Data records
::::::

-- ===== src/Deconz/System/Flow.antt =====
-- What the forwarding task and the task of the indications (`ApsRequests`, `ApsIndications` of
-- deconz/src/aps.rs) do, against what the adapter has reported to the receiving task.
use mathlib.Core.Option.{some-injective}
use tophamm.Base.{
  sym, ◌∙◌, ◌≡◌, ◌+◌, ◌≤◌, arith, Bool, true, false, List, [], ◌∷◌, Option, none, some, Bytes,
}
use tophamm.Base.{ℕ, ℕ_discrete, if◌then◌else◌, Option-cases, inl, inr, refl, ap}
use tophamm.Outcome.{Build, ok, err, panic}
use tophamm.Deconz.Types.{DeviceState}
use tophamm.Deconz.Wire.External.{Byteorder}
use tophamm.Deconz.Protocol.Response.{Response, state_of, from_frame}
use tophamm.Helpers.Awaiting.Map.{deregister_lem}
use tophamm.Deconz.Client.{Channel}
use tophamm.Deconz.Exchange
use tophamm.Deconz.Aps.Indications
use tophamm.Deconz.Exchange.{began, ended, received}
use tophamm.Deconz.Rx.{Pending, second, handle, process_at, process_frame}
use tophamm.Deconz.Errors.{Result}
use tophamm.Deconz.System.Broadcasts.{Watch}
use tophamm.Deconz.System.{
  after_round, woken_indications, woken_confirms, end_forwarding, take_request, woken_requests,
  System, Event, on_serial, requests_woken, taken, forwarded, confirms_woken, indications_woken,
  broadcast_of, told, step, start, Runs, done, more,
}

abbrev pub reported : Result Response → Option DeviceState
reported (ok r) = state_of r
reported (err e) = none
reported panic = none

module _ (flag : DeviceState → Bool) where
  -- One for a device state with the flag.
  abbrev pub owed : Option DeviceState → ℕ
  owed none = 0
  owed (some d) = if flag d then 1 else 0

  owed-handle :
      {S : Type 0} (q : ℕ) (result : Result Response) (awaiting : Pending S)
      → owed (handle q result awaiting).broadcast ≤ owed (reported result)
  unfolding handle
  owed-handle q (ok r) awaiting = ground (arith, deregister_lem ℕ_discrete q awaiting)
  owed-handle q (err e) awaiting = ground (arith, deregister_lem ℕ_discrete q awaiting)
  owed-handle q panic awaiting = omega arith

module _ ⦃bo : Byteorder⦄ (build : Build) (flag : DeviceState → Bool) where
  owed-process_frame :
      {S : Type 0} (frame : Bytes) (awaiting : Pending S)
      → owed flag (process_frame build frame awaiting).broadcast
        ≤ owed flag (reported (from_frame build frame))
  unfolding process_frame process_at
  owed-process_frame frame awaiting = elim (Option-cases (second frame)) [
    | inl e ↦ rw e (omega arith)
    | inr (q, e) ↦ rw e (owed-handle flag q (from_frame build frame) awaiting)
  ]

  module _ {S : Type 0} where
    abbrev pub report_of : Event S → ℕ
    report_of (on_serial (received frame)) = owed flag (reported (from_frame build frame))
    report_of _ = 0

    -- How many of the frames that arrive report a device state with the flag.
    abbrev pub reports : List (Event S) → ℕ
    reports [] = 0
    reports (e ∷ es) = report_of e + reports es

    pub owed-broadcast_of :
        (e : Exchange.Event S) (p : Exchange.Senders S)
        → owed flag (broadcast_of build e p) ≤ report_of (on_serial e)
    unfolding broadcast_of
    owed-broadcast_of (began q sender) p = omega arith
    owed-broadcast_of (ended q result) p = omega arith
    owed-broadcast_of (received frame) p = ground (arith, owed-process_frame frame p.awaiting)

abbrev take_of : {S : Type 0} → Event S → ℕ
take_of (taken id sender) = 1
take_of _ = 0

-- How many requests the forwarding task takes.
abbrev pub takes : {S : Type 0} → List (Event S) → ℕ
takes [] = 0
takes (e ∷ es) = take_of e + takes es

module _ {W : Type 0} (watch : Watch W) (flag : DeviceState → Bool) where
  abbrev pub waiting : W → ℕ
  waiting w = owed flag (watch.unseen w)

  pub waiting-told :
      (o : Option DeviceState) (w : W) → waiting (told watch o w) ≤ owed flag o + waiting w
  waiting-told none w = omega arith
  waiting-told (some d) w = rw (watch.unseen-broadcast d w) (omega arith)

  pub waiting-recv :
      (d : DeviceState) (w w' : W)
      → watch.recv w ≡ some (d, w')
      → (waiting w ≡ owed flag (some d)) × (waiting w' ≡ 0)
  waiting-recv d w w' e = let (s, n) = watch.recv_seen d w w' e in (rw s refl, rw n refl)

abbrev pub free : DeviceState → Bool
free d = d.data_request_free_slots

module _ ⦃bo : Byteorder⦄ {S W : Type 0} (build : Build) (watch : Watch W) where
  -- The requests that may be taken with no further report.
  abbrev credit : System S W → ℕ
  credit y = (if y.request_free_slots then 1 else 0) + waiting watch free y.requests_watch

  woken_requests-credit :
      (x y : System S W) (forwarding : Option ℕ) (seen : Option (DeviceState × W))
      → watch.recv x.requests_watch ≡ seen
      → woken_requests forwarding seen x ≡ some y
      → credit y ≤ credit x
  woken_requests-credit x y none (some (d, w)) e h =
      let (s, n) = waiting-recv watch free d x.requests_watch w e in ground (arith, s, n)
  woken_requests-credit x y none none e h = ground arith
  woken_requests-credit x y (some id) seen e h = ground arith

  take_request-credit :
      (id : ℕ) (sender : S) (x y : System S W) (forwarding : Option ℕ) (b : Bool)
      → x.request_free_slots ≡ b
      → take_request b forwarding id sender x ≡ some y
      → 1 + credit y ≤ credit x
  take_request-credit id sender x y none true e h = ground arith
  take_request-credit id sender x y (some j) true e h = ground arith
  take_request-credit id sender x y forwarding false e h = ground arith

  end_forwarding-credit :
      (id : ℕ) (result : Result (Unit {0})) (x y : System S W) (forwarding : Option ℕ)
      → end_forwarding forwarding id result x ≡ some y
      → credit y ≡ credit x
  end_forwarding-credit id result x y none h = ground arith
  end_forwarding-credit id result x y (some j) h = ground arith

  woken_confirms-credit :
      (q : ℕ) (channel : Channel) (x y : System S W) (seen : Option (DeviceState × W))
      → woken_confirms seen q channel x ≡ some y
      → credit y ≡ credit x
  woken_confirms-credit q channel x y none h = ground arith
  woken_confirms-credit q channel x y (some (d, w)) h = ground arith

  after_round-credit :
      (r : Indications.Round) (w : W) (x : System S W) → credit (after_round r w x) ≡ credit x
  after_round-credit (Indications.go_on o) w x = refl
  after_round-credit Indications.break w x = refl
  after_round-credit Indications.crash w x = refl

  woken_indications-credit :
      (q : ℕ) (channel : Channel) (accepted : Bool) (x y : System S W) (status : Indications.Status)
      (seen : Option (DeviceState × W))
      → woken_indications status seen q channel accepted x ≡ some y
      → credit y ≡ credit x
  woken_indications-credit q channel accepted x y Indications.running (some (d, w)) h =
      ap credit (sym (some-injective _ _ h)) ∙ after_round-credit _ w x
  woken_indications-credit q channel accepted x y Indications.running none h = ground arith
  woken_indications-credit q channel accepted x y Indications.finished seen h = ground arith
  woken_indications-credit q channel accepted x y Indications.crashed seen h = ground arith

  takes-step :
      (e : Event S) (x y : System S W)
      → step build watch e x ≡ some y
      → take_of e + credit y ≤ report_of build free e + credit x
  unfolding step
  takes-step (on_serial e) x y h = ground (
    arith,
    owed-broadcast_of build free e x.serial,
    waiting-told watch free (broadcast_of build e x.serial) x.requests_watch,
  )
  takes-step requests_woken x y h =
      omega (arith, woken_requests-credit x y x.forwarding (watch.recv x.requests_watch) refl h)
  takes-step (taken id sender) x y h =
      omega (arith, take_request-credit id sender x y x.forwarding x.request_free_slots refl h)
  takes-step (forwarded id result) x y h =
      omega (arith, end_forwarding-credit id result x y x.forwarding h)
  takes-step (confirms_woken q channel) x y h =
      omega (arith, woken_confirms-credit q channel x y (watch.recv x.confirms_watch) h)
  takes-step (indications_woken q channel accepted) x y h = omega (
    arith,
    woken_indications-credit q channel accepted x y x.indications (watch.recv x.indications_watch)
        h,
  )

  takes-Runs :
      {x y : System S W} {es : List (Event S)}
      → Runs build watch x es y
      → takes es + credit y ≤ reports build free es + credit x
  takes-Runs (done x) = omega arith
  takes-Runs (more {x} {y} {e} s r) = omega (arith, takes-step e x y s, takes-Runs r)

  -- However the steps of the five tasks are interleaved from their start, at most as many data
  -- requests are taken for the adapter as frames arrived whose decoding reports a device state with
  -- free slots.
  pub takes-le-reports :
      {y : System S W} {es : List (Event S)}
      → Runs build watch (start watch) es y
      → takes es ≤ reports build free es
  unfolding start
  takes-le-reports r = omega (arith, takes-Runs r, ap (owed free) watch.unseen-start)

::::::

* Problem to solve *
The entries above hold the needed span. Transcribe exactly the lines from the one with "W) (flag : DeviceState → Bool) where" to the one with "waiting-recv d w", both included.

* Response to this task *
module _ {W : Type 0} (watch : Watch W) (flag : DeviceState → Bool) where
  abbrev pub waiting : W → ℕ
  waiting w = owed flag (watch.unseen w)

  pub waiting-told :
      (o : Option DeviceState) (w : W) → waiting (told watch o w) ≤ owed flag o + waiting w
  waiting-told none w = omega arith
  waiting-told (some d) w = rw (watch.unseen-broadcast d w) (omega arith)

  pub waiting-recv :
      (d : DeviceState) (w w' : W)
      → watch.recv w ≡ some (d, w')
      → (waiting w ≡ owed flag (some d)) × (waiting w' ≡ 0)
  waiting-recv d w w' e = let (s, n) = watch.recv_seen d w w' e in (rw s refl, rw n refl)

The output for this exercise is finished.